Restaurant information
- Established: 2017
- Head chef: Michele Casadei Massari
- Location: 621 Amsterdam Avenue, New York, New York, 10024, United States
- Coordinates: 40°47′25″N 73°58′22″W﻿ / ﻿40.79028°N 73.97278°W
- Website: lucciolanyc.com

= Lucciola (restaurant) =

Italian trattoria restaurant in New York City

Lucciola is a 20-seat Italian fine dining on the Upper West Side, in New York. It was founded in 2017 by Chef Michele Casadei Massari along with Wine Director Alberto Ghezzi. It serves creative fine dining interpretations inspired by his roots from Emilia Romagna, such as recipes with balsamic vinegar from Modena, Parmigiano Reggiano, Tortellini, and "Latte in piedi", a dessert made of milk, typical of Bologna. The name "Lucciola" means firefly, and was inspired by Pasolini article.
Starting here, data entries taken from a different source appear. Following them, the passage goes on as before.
-- ===== src/Store/PortForwards.antt =====
-- backend/internal/store/port_forwards.go: the port forwards of endpoints and the port pool of a node.
-- A forward is read with the joined rows of its endpoint, device and project. The order of the
-- listings is not modelled. Target is the pair of host and port that JoinHostPort puts together.
pub mod Pool
pub mod Ports
use device_management_platfo.Base.{
  ℕ, zero, suc, ◌+◌, ◌-◌, String, Bool, true, false, ◌&&◌, ◌||◌, not, Option, none, some, List, [],
  ◌∷◌, ◌==◌, eqb, ltb, leb, if◌then◌else◌, find, count, exists, update, delete, Result, ok, err,
  or_fail, require, ◌>>=◌, ◌>>◌,
}
use device_management_platfo.Store.Schema.{
  Db, PortForward, Node, Error, not_found, web_endpoint, no_client, outside_pool, pool_exhausted,
  invalid_task_ref, constraint, transaction, AuditInput, insert_audit, TextOrder,
}
use device_management_platfo.Store.Access.{EndpointRoute, endpoint_route}

pub record ReservePortForwardInput : Type 0 where
  pub project_id : String
  pub endpoint_id : String
  -- 0 for the first port that is free.
  pub server_port : ℕ
  pub expires_at : Option ℕ

-- The struct PortForward of the listings: the row and what it is joined with.
pub record Forward : Type 0 where
  pub row : PortForward
  pub project_id : String
  pub endpoint_name : String
  pub device_name : String
  pub node_id : String
  pub client_id : ℕ
  pub target : String × ℕ

unfoldable pub scan_port_forward : PortForward → EndpointRoute → Forward
scan_port_forward row route = record {
  row = row;
  project_id = route.project_id;
  endpoint_name = route.endpoint_name;
  device_name = route.device_name;
  node_id = route.node_id;
  client_id = route.client_id;
  target = (route.host, route.target_port);
}

-- The joins of a forward.
unfoldable pub forward_of : Db → PortForward → Result Error Forward
unfolding scan_port_forward
forward_of db f = do route ← endpoint_route db f.endpoint_id; ok (scan_port_forward f route)

unfoldable pub joined : Db → (PortForward → Bool) → List PortForward → List Forward
joined db p [] = []
joined db p (f ∷ rest) =
    let more = joined db p rest in
    elim (forward_of db f) [ err _ ↦ more | ok row ↦ if p f then row ∷ more else more ]

unfoldable pub list_port_forwards : String → Db → List Forward
list_port_forwards project_id db =
    joined db
      (λ f. elim (endpoint_route db f.endpoint_id) [
        | err _ ↦ false
        | ok route ↦ route.project_id == project_id
      ])
      db.port_forwards

unfoldable pub port_forward_by_id : String → Db → Result Error Forward
port_forward_by_id forward_id db = do
  f ← or_fail not_found (find (λ f. f.id == forward_id) db.port_forwards)
  forward_of db f

-- status IN ('provisioning','running','stopped','cleanup_failed')
unfoldable pub is_standing : String → Bool
is_standing status =
    status == "provisioning"
    || status == "running"
    || status == "stopped"
    || status == "cleanup_failed"

-- used[port], for the forwards of the node.
unfoldable pub is_used : String → List PortForward → ℕ → Bool
is_used node_id rows port = exists (λ f. f.node_id == node_id && eqb f.server_port port) rows

-- The loop `for port := start; port <= end; port++`, which has n ports to go.
unfoldable pub next_port : (ℕ → Bool) → ℕ → ℕ → Option ℕ
next_port used port zero = none
next_port used port (suc n) =
    let rest = next_port used (port + 1) n in if used port then rest else some port

unfoldable pub first_available_port : String → ℕ → ℕ → Db → Result Error ℕ
unfolding next_port is_used
first_available_port node_id start end db =
    or_fail pool_exhausted (next_port (is_used node_id db.port_forwards) start ((end + 1) - start))

unfoldable pub choose_port : String → ℕ → ℕ → ℕ → Db → Result Error ℕ
unfolding first_available_port
choose_port node_id start end port db =
    if eqb port 0
    then first_available_port node_id start end db
    else (if ltb port start || ltb end port then err outside_pool else ok port)

unfoldable pub new_forward : String → ReservePortForwardInput → EndpointRoute → ℕ → ℕ → PortForward
new_forward forward_id input route port now = record {
  id = forward_id;
  endpoint_id = route.endpoint_id;
  node_id = route.node_id;
  server_port = port;
  node_task_type = "";
  node_task_id = none;
  status = "provisioning";
  expires_at = input.expires_at;
  created_at = now;
  updated_at = now;
}

-- INSERT INTO port_forwards, with its keys, UNIQUE(endpoint_id), the index on node and port, and
-- CHECK (server_port BETWEEN 1 AND 65535).
unfoldable pub insert_forward : PortForward → Db → Result Error Db
unfolding is_used
insert_forward row db = do
  require constraint (not (exists (λ f. f.id == row.id) db.port_forwards))
  require constraint (not (exists (λ f. f.endpoint_id == row.endpoint_id) db.port_forwards))
  require constraint (not (is_used row.node_id db.port_forwards row.server_port))
  require constraint (leb 1 row.server_port && leb row.server_port 65535)
  require constraint (
      exists (λ e. e.id == row.endpoint_id) db.endpoints
      && exists (λ n. n.id == row.node_id) db.nodes)
  ok (record db { port_forwards = row ∷ db.port_forwards })

unfoldable pub reserve_port_forward :
    String → String → ℕ → ReservePortForwardInput → AuditInput → Db → Db × Result Error Forward
unfolding choose_port new_forward insert_forward scan_port_forward insert_audit
reserve_port_forward forward_id audit_id now input audit db = transaction db (do
  route ← endpoint_route db input.endpoint_id
  require not_found (route.project_id == input.project_id)
  require web_endpoint (not (route.protocol == "http" || route.protocol == "https"))
  require no_client (not (ltb route.client_id 1))
  node ← or_fail not_found (find (λ n. n.id == route.node_id && n.enabled) db.nodes)
  port ← choose_port route.node_id node.port_start node.port_end input.server_port db
  let row = new_forward forward_id input route port now
  db₁ ← insert_forward row db
  db₂ ← insert_audit audit_id (record audit { resource_id = forward_id }) now db₁
  ok (db₂, scan_port_forward row route))

unfoldable pub is_provisioning : String → PortForward → Bool
is_provisioning forward_id f = f.id == forward_id && f.status == "provisioning"

unfoldable pub run_forward : String → ℕ → ℕ → PortForward → PortForward
run_forward task_type task_id now f = record f {
  node_task_type = task_type;
  node_task_id = some task_id;
  status = "running";
  updated_at = now;
}

unfoldable pub activate_port_forward : String → String → ℕ → ℕ → Db → Db × Result Error (Unit {0})
unfolding is_provisioning run_forward
activate_port_forward forward_id task_type task_id now db =
    let db₁ = record db {
      port_forwards =
          update (is_provisioning forward_id) (run_forward task_type task_id now) db.port_forwards;
    } in
    if not (task_type == "portForward") || ltb task_id 1 then (db, err invalid_task_ref) else (
      db₁,
      if eqb (count (is_provisioning forward_id) db.port_forwards) 1 then ok tt else err not_found,
    )

unfoldable pub set_status : String → ℕ → PortForward → PortForward
set_status status now f = record f { status = status; updated_at = now }

unfoldable pub set_port_forward_status :
    String → String → String → ℕ → AuditInput → Db → Db × Result Error (Unit {0})
unfolding set_status insert_audit
set_port_forward_status forward_id status audit_id now audit db = transaction db (do
  require not_found (eqb (count (λ f. f.id == forward_id) db.port_forwards) 1)
  db₁ ←
      insert_audit audit_id (record audit { resource_id = forward_id }) now
        (record db {
          port_forwards = update (λ f. f.id == forward_id) (set_status status now) db.port_forwards;
        })
  ok (db₁, tt))

unfoldable pub delete_port_forward :
    String → String → ℕ → AuditInput → Db → Db × Result Error (Unit {0})
unfolding insert_audit
delete_port_forward forward_id audit_id now audit db = transaction db (do
  require not_found (eqb (count (λ f. f.id == forward_id) db.port_forwards) 1)
  db₁ ←
      insert_audit audit_id (record audit { resource_id = forward_id }) now
        (record db { port_forwards = delete (λ f. f.id == forward_id) db.port_forwards })
  ok (db₁, tt))

module _ (later : TextOrder) where
  -- expires_at IS NOT NULL AND expires_at <= ? AND status IN (...)
  unfoldable pub is_expired : ℕ → PortForward → Bool
  is_expired now f =
      elim f.expires_at [ none ↦ false | some at ↦ not (later at now) ] && is_standing f.status

  unfoldable pub list_expired_port_forwards : ℕ → Db → List Forward
  list_expired_port_forwards now db = joined db (is_expired now) db.port_forwards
It won the Wine Spectator Award for its 1450 bottle cellar, and has a wine club where the patrons can taste several bottles with the wine producers. In 2026 was awarded "Tre Forchette" from Gambero Rosso.

==History==
Lucciola is the second restaurant by Chef Michele Casadei Massari, with Piccolo Cafe being the first one. It paid homage to Festa di Laurea director Pupi Avati. Piccolo Cafe was a bistro coffee chain, closed during the COVID-19 pandemic.

The restaurant has a blog where news, stories from the Chef and updates are available to readers and patrons.